# Problem
Here are the records. Write out exactly the lines between the one holding "first [] = []" and the one holding "IsGone-delete_rows nonce (is_nonce (oldest_from", inclusive.

Records from a collection
▼▼▼

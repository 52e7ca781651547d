-- ===== src/Auth/State/Once.antt =====
-- app/auth/state.py: a state token is redeemed only once.
use sre_tab.Common.{
  leb, Bool-cases, length, All, Text, split, text_eq, nat_eq, ◌==◌, exists_row, delete_rows, upsert,
  exists_row-delete_rows-none, ℕ, ◌+◌, ◌*◌, ◌/◌, ◌≡◌, refl, inl, inr, Bool, true, false, Option,
  none, some, List, [], ◌∷◌, ◌++◌, arith,
}
use sre_tab.Models.{second}
use sre_tab.Auth.Tokens.{Crypto, compare_secret}
use sre_tab.Auth.State.{
  max_outstanding, Outstanding, is_nonce, purge, oldest_from, drop_oldest, make_room, issue, redeem,
  redeem_unexpired, consume_parts, consume, Call, issued, consumed, was_reset, after_call,
  after_calls, dot, sign, read_expiry,
}
use sre_tab.Auth.State.Bounds.{Left, untouched, without, consume-Left}

-- The first of some parts.
abbrev pub first : List Text → Text
first [] = []
first (part ∷ parts) = part

-- The nonce of a token: what stands before its first separator.
unfoldable pub nonce_of : Text → Text
unfolding split
nonce_of token = first (split dot token)

-- A call that does not issue the nonce again.
abbrev pub IsOther : Text → Call → Type 0
IsOther nonce (issued other now later) = (other == nonce) ≡ false
IsOther nonce (consumed token now later) = Unit
IsOther nonce was_reset = Unit

abbrev IsGone : Text → Outstanding → Type 0
IsGone nonce xs = exists_row (is_nonce nonce) xs ≡ false

IsGone-delete_rows :
    (nonce : Text) (p : Text × ℕ → Bool) (xs : Outstanding)
    → IsGone nonce xs
    → IsGone nonce (delete_rows p xs)
unfolding exists_row delete_rows
IsGone-delete_rows nonce p [] h = refl
IsGone-delete_rows nonce p (x ∷ xs) h = ground (arith, h, IsGone-delete_rows nonce p xs)

IsGone-upsert :
    (nonce other : Text) (n : ℕ) (xs : Outstanding)
    → (other == nonce) ≡ false
    → IsGone nonce xs
    → IsGone nonce (upsert (is_nonce other) (other, n) (λ entry. (other, n)) xs)
unfolding exists_row upsert
IsGone-upsert nonce other n [] differ h = rw differ refl
IsGone-upsert nonce other n (x ∷ xs) differ h =
    ground (arith, h, differ, IsGone-upsert nonce other n xs differ)

IsGone-drop_oldest :
    (nonce : Text) (xs : Outstanding) → IsGone nonce xs → IsGone nonce (drop_oldest xs)
unfolding drop_oldest
IsGone-drop_oldest nonce [] h = h
IsGone-drop_oldest nonce (x ∷ xs) h =
    IsGone-delete_rows nonce (is_nonce (oldest_from x xs).0) (x ∷ xs) h

IsGone-make_room : (nonce : Text) (xs : Outstanding) → IsGone nonce xs → IsGone nonce (make_room xs)
unfolding make_room
IsGone-make_room nonce xs h = elim (Bool-cases (leb max_outstanding (length xs))) [
  | inl full ↦ rw full (IsGone-drop_oldest nonce xs h)
  | inr room ↦ rw room h
]

IsGone-purge :
    (nonce : Text) (now : ℕ) (xs : Outstanding) → IsGone nonce xs → IsGone nonce (purge now xs)
unfolding purge
IsGone-purge nonce now xs h = IsGone-delete_rows nonce (λ entry. leb (entry.1 * second) now) xs h

IsGone-Left :
    (nonce : Text) (later : ℕ) (xs ys : Outstanding)
    → Left later xs ys
    → IsGone nonce xs
    → IsGone nonce ys
IsGone-Left nonce later xs _ untouched h = h
IsGone-Left nonce later xs _ (without other) h =
    IsGone-delete_rows nonce (is_nonce other) (purge later xs) (IsGone-purge nonce later xs h)

IsGone-after_call :
    (crypto : Crypto) (ttl : ℕ) (secret nonce : Text) (call : Call) (xs : Outstanding)
    → IsOther nonce call
    → IsGone nonce xs
    → IsGone nonce (after_call crypto ttl secret call xs)
unfolding after_call issue
IsGone-after_call crypto ttl secret nonce (issued other now later) xs differ h =
    IsGone-upsert nonce other (now / second + ttl) (make_room (purge later xs)) differ
      (IsGone-make_room nonce (purge later xs) (IsGone-purge nonce later xs h))
IsGone-after_call crypto ttl secret nonce (consumed token now later) xs differ h =
    IsGone-Left nonce later xs _ (consume-Left crypto secret now later token xs) h
IsGone-after_call crypto ttl secret nonce was_reset xs differ h = unfold exists_row in refl

IsGone-after_calls :
    (crypto : Crypto) (ttl : ℕ) (secret nonce : Text) (calls : List Call) (xs : Outstanding)
    → All (IsOther nonce) calls
    → IsGone nonce xs
    → IsGone nonce (after_calls crypto ttl secret calls xs)
unfolding after_calls
IsGone-after_calls crypto ttl secret nonce [] xs others h = h
IsGone-after_calls crypto ttl secret nonce (call ∷ calls) xs others h =
    IsGone-after_calls crypto ttl secret nonce calls (after_call crypto ttl secret call xs) others.1
      (IsGone-after_call crypto ttl secret nonce call xs others.0 h)

-- A token whose nonce is not outstanding is not redeemed, and one that is leaves it so.
redeem_unexpired_gone :
    (now later : ℕ) (nonce : Text) (expiry : Option ℕ) (xs : Outstanding)
    → IsGone nonce xs
    → (redeem_unexpired now later nonce expiry xs).1 ≡ false
unfolding redeem_unexpired redeem
redeem_unexpired_gone now later nonce none xs h = refl
redeem_unexpired_gone now later nonce (some n) xs h = ground (arith, IsGone-purge nonce later xs h)

redeem_unexpired-IsGone :
    (now later : ℕ) (nonce : Text) (expiry : Option ℕ) (xs : Outstanding)
    → (redeem_unexpired now later nonce expiry xs).1 ≡ true
    → IsGone nonce (redeem_unexpired now later nonce expiry xs).0
unfolding redeem_unexpired redeem
redeem_unexpired-IsGone now later nonce none xs h = absurd (ground (arith, h))
redeem_unexpired-IsGone now later nonce (some n) xs h = elim (Bool-cases (leb (n * second) now)) [
  | inl past ↦ absurd (ground (arith, h, past))
  | inr future ↦
      rw future
        (exists_row-delete_rows-none (is_nonce nonce) (is_nonce nonce) (purge later xs) (λ x e. e))
]

consume_parts_gone :
    (crypto : Crypto) (secret : Text) (now later : ℕ) (parts : List Text) (xs : Outstanding)
    → IsGone (first parts) xs
    → (consume_parts crypto secret now later parts xs).1 ≡ false
unfolding consume_parts
consume_parts_gone crypto secret now later [] xs h = refl
consume_parts_gone crypto secret now later (a ∷ []) xs h = refl
consume_parts_gone crypto secret now later (a ∷ b ∷ []) xs h = refl
consume_parts_gone crypto secret now later (a ∷ b ∷ c ∷ d ∷ parts) xs h = refl
consume_parts_gone crypto secret now later (nonce ∷ raw ∷ signature ∷ []) xs h =
    ground (arith, redeem_unexpired_gone now later nonce (read_expiry raw) xs h)

consume_parts-IsGone :
    (crypto : Crypto) (secret : Text) (now later : ℕ) (parts : List Text) (xs : Outstanding)
    → (consume_parts crypto secret now later parts xs).1 ≡ true
    → IsGone (first parts) (consume_parts crypto secret now later parts xs).0
unfolding consume_parts
consume_parts-IsGone crypto secret now later [] xs h = absurd (ground (arith, h))
consume_parts-IsGone crypto secret now later (a ∷ []) xs h = absurd (ground (arith, h))
consume_parts-IsGone crypto secret now later (a ∷ b ∷ []) xs h = absurd (ground (arith, h))
consume_parts-IsGone crypto secret now later (a ∷ b ∷ c ∷ d ∷ parts) xs h =
    absurd (ground (arith, h))
consume_parts-IsGone crypto secret now later (nonce ∷ raw ∷ signature ∷ []) xs h =
    elim (Bool-cases (compare_secret signature (sign crypto (nonce ++ dot ∷ raw) secret))) [
      | inl signed ↦
          rw signed (
            redeem_unexpired-IsGone now later nonce (read_expiry raw) xs
              (ground (arith, h, signed)))
      | inr forged ↦ absurd (ground (arith, h, forged))
    ]

-- A state token that has been redeemed is never redeemed again, at whatever times and whatever calls
-- of the store come in between, if none of them issues its nonce anew.
pub consume_once :
    (crypto : Crypto) (ttl : ℕ) (secret token : Text) (now later now_again later_again : ℕ)
    (calls : List Call) (xs : Outstanding)
    → All (IsOther (nonce_of token)) calls
    → (consume crypto secret now later token xs).1 ≡ true
    → (consume crypto secret now_again later_again token
        (after_calls crypto ttl secret calls (consume crypto secret now later token xs).0)).1
      ≡ false
unfolding consume nonce_of
consume_once crypto ttl secret token now later now_again later_again calls xs others h =
    consume_parts_gone crypto secret now_again later_again (split dot token) _ (
      IsGone-after_calls crypto ttl secret (first (split dot token)) calls _ others
        (consume_parts-IsGone crypto secret now later (split dot token) xs h))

▲▲▲

# Completed task
first [] = []
first (part ∷ parts) = part

-- The nonce of a token: what stands before its first separator.
unfoldable pub nonce_of : Text → Text
unfolding split
nonce_of token = first (split dot token)

-- A call that does not issue the nonce again.
abbrev pub IsOther : Text → Call → Type 0
IsOther nonce (issued other now later) = (other == nonce) ≡ false
IsOther nonce (consumed token now later) = Unit
IsOther nonce was_reset = Unit

abbrev IsGone : Text → Outstanding → Type 0
IsGone nonce xs = exists_row (is_nonce nonce) xs ≡ false

IsGone-delete_rows :
    (nonce : Text) (p : Text × ℕ → Bool) (xs : Outstanding)
    → IsGone nonce xs
    → IsGone nonce (delete_rows p xs)
unfolding exists_row delete_rows
IsGone-delete_rows nonce p [] h = refl
IsGone-delete_rows nonce p (x ∷ xs) h = ground (arith, h, IsGone-delete_rows nonce p xs)

IsGone-upsert :
    (nonce other : Text) (n : ℕ) (xs : Outstanding)
    → (other == nonce) ≡ false
    → IsGone nonce xs
    → IsGone nonce (upsert (is_nonce other) (other, n) (λ entry. (other, n)) xs)
unfolding exists_row upsert
IsGone-upsert nonce other n [] differ h = rw differ refl
IsGone-upsert nonce other n (x ∷ xs) differ h =
    ground (arith, h, differ, IsGone-upsert nonce other n xs differ)

IsGone-drop_oldest :
    (nonce : Text) (xs : Outstanding) → IsGone nonce xs → IsGone nonce (drop_oldest xs)
unfolding drop_oldest
IsGone-drop_oldest nonce [] h = h
IsGone-drop_oldest nonce (x ∷ xs) h =
    IsGone-delete_rows nonce (is_nonce (oldest_from x xs).0) (x ∷ xs) h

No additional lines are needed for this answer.